The Japanese Association of Independent Television Stations (JAITS) is a group of Japan's reception fee-free commercial terrestrial television stations which are not members of the major national television networks. The association was established on November 4, 1977.

Its members sell to, buy from, and co-produce programs with other members. While a few of them, namely Tokyo MX, TVK and Sun TV and sell more than the others, it does not mean the former control the others in programming. Meanwhile, some JAITS members (GBS, MTV, BBC, TVN, WTV) broadcast a lot of TV Tokyo's programs. It forms a loose broadcast network without exclusivity. They form permanent and ad hoc subgroups for production and sales of advertising opportunity.

Name
The name of the group is provisional.  The Japanese documents for the association refer to the acronym JAITS but the fully spelled English name has not been disclosed yet.

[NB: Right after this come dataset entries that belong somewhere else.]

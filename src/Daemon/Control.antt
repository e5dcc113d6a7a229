-- ===== src/Daemon/Control.antt =====
-- `start_daemon`, `stop_daemon` and `print_status` of src/main.rs over the file system and the
-- processes, which are an interface with an unknown state. What a command prints is its report.
use vorto.Prelude.{ℕ, Bool, true, false, Option, none, some, List, ◌==◌, if◌then◌else◌}
use vorto.Text.{Text, text}
use vorto.Result.{AppResult, io, os, ErrorKind, ok, err, ok_or, ◌>>=◌}
use vorto.Fs.{FilePath, Fs}
use vorto.Config.Tunnel.{AppConfig}
use vorto.Config.Store.{Yaml, load_for_runtime}
use vorto.Daemon.Pid.{read_pid, platform_pid, pid_line}
use vorto.Daemon.Cmdline.{is_daemon_worker_cmdline}

-- `null_device_path` on Unix.
unfoldable pub null_device_path : FilePath
null_device_path = record { parent = text "/dev"; file_name = some (text "null") }

pub record Processes : Type 1 where
  pub State : Type 0
  -- Whether `/proc/<pid>` exists, and what its `cmdline` reads as.
  pub has_proc_dir : State → ℕ → Bool
  pub read_cmdline : State → ℕ → AppResult (List ℕ)
  -- `env::current_exe`; a name that is no UTF-8 counts as none.
  pub current_exe : State → AppResult FilePath
  pub kill : State → ℕ → ℕ × State
  pub last_os_error : State → ℕ
  -- A file is opened to append, or to read, and its handle is cloned.
  pub open_append : State → FilePath → AppResult (Unit {0}) × State
  pub open_read : State → FilePath → AppResult (Unit {0}) × State
  pub try_clone : State → AppResult (Unit {0}) × State
  -- The executable is started as a worker, in a session of its own.
  pub spawn_worker : State → FilePath → AppResult ℕ × State

-- What a command says of the daemon when it does not fail.
pub data Report : Type 0 where
  already_running started running signalled : ℕ → Report
  not_running stale_pid_file : Report

module _ (F : Fs) (P : Processes) where
  abbrev pub Host : Type 0
  Host = F.State × P.State

  unfoldable pub current_binary_name : P.State → AppResult Text
  current_binary_name p = do
    exe ← P.current_exe p
    ok_or exe.file_name
        (io ErrorKind.other (text "Could not determine the current executable name."))

  unfoldable pub daemon_process_matches : ℕ → P.State → AppResult Bool
  daemon_process_matches pid p =
      if P.has_proc_dir p pid
      then (do
        cmdline ← P.read_cmdline p pid
        binary_name ← current_binary_name p
        ok (is_daemon_worker_cmdline cmdline binary_name))
      else ok false

  unfoldable pub terminate_process : ℕ → P.State → AppResult (Unit {0}) × P.State
  terminate_process pid p = elim (platform_pid pid) [
    | err e ↦ (err e, p)
    | ok target ↦
        let (result, p1) = P.kill p target in
        (if result == 0 then ok tt else err (os (P.last_os_error p1)), p1)
  ]

  abbrev pub signal_sent : ℕ → F.State → AppResult (Unit {0}) × P.State → AppResult Report × Host
  signal_sent pid s (err e, p) = (err e, (s, p))
  signal_sent pid s (ok _, p) = (ok (Report.signalled pid), (s, p))

  abbrev pub stop_matching : FilePath → ℕ → AppResult Bool → Host → AppResult Report × Host
  stop_matching path pid (err e) h = (err e, h)
  stop_matching path pid (ok false) (s, p) =
      (ok Report.stale_pid_file, ((F.remove_file s path).1, p))
  stop_matching path pid (ok true) (s, p) = signal_sent pid s (terminate_process pid p)

  abbrev pub stop_found : FilePath → AppResult (Option ℕ) → Host → AppResult Report × Host
  stop_found path (err e) h = (err e, h)
  stop_found path (ok none) h = (ok Report.not_running, h)
  stop_found path (ok (some pid)) (s, p) =
      stop_matching path pid (daemon_process_matches pid p) (s, p)

  unfoldable pub stop_daemon : FilePath → Host → AppResult Report × Host
  unfolding terminate_process
  stop_daemon path (s, p) = stop_found path (read_pid F s path) (s, p)

  abbrev pub status_of : Option ℕ → P.State → AppResult Report
  status_of none p = ok Report.not_running
  status_of (some pid) p = do
    matches ← daemon_process_matches pid p
    ok (if matches then Report.running pid else Report.stale_pid_file)

  unfoldable pub print_status : FilePath → Host → AppResult Report
  print_status path (s, p) = do found ← read_pid F s path; status_of found p

  -- The process id is written after the worker was started.
  abbrev pub record_child : FilePath → F.State → AppResult ℕ × P.State → AppResult Report × Host
  record_child path s (err e, p) = (err e, (s, p))
  record_child path s (ok child, p) =
      let (written, s1) = F.write s path (pid_line child) in
      (elim written [ err e ↦ err e | ok _ ↦ ok (Report.started child) ], (s1, p))

  abbrev pub spawn_exe : FilePath → F.State → P.State → AppResult FilePath → AppResult Report × Host
  spawn_exe path s p (err e) = (err e, (s, p))
  spawn_exe path s p (ok exe) = record_child path s (P.spawn_worker p exe)

  abbrev pub spawn_with_log :
      FilePath → F.State → AppResult (Unit {0}) × P.State → AppResult Report × Host
  spawn_with_log path s (err e, p) = (err e, (s, p))
  spawn_with_log path s (ok _, p) = spawn_exe path s p (P.current_exe p)

  abbrev pub cloned : AppResult (Unit {0}) × P.State → AppResult (Unit {0}) × P.State
  cloned (err e, p) = (err e, p)
  cloned (ok _, p) = P.try_clone p

  -- The handles for the output of the worker.
  unfoldable pub daemon_stdio : Bool → FilePath → P.State → AppResult (Unit {0}) × P.State
  daemon_stdio true log_path p = cloned (P.open_append p log_path)
  daemon_stdio false log_path p = cloned (P.open_read p null_device_path)

  abbrev pub spawn_configured :
      FilePath → FilePath → AppResult AppConfig → Host → AppResult Report × Host
  spawn_configured path log_path (err e) h = (err e, h)
  spawn_configured path log_path (ok config) (s, p) =
      spawn_with_log path s (daemon_stdio config.daemon_log log_path p)

  module _ (Y : Yaml) where
    abbrev pub launch : FilePath → FilePath → FilePath → Host → AppResult Report × Host
    launch config_path path log_path (s, p) =
        spawn_configured path log_path (load_for_runtime Y F s config_path) (s, p)

    abbrev pub start_matching :
        FilePath → FilePath → FilePath → ℕ → AppResult Bool → Host → AppResult Report × Host
    start_matching config_path path log_path pid (err e) h = (err e, h)
    start_matching config_path path log_path pid (ok true) h = (ok (Report.already_running pid), h)
    start_matching config_path path log_path pid (ok false) (s, p) =
        launch config_path path log_path ((F.remove_file s path).1, p)

    abbrev pub start_found :
        FilePath → FilePath → FilePath → AppResult (Option ℕ) → Host → AppResult Report × Host
    start_found config_path path log_path (err e) h = (err e, h)
    start_found config_path path log_path (ok none) h = launch config_path path log_path h
    start_found config_path path log_path (ok (some pid)) (s, p) =
        start_matching config_path path log_path pid (daemon_process_matches pid p) (s, p)

    unfoldable pub start_daemon : FilePath → FilePath → FilePath → Host → AppResult Report × Host
    start_daemon config_path path log_path (s, p) =
        start_found config_path path log_path (read_pid F s path) (s, p)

The group's Japanese name has the term UHF because all of the member stations broadcast on the UHF band in analog, in contrast to major networks that primarily broadcast on the VHF band in analog.  All the Japanese terrestrial television stations switched to UHF digital when all analog television transmissions (both VHF and UHF) were shut down between July 24, 2011, and March 31, 2012.

Independent UHF stations

Characteristics of the independent stations

Degree of independence
In the strict (North American) definition of "not affiliated with any networks", the only independent terrestrial television station in Japan would be The Open University of Japan, which produces almost all its programs in-house. In addition, most of the JAITS independent stations have investments from the Chunichi Shimbun Co.

The JAITS and the Japanese public take  for not being members of large networks, in which the Tokyo's stations almost control other members' programming. Those networks are also affiliated with large national newspapers. On the other hands, the JAITS stations are often affiliated with prefectural or metropolitan newspapers and prefectural governments, whose degree of influence may vary.

MTV, GBS, BBC, TVN, and WTV broadcast a lot of TV Tokyo's programs.

Here is the description of characters of the independent commercial terrestrial television stations in Japan. Currently all such stations are members of the JAITS.

Market
Their areas of coverage are located in Kantō, Chūkyō and Kansai regions which are the most urbanised in Japan. Their reachable population is large. If the population was too small they could not have number of viewers and sponsorship to sustain the station. However their coverage are within major network stations' official coverage, except TXN network members TV Osaka's, TV Aichi's and TV Setouchi's which are adjacent to. Multi-channel cable television may cover significant parts of the areas. Externally sourced popular contents are often too expensive to buy therefore they are very difficult to beat major networks in viewing rates.

Programming
Compared with the major networks, the independent stations have a relatively smaller audience, but have a more flexible schedule due to their decentralized nature.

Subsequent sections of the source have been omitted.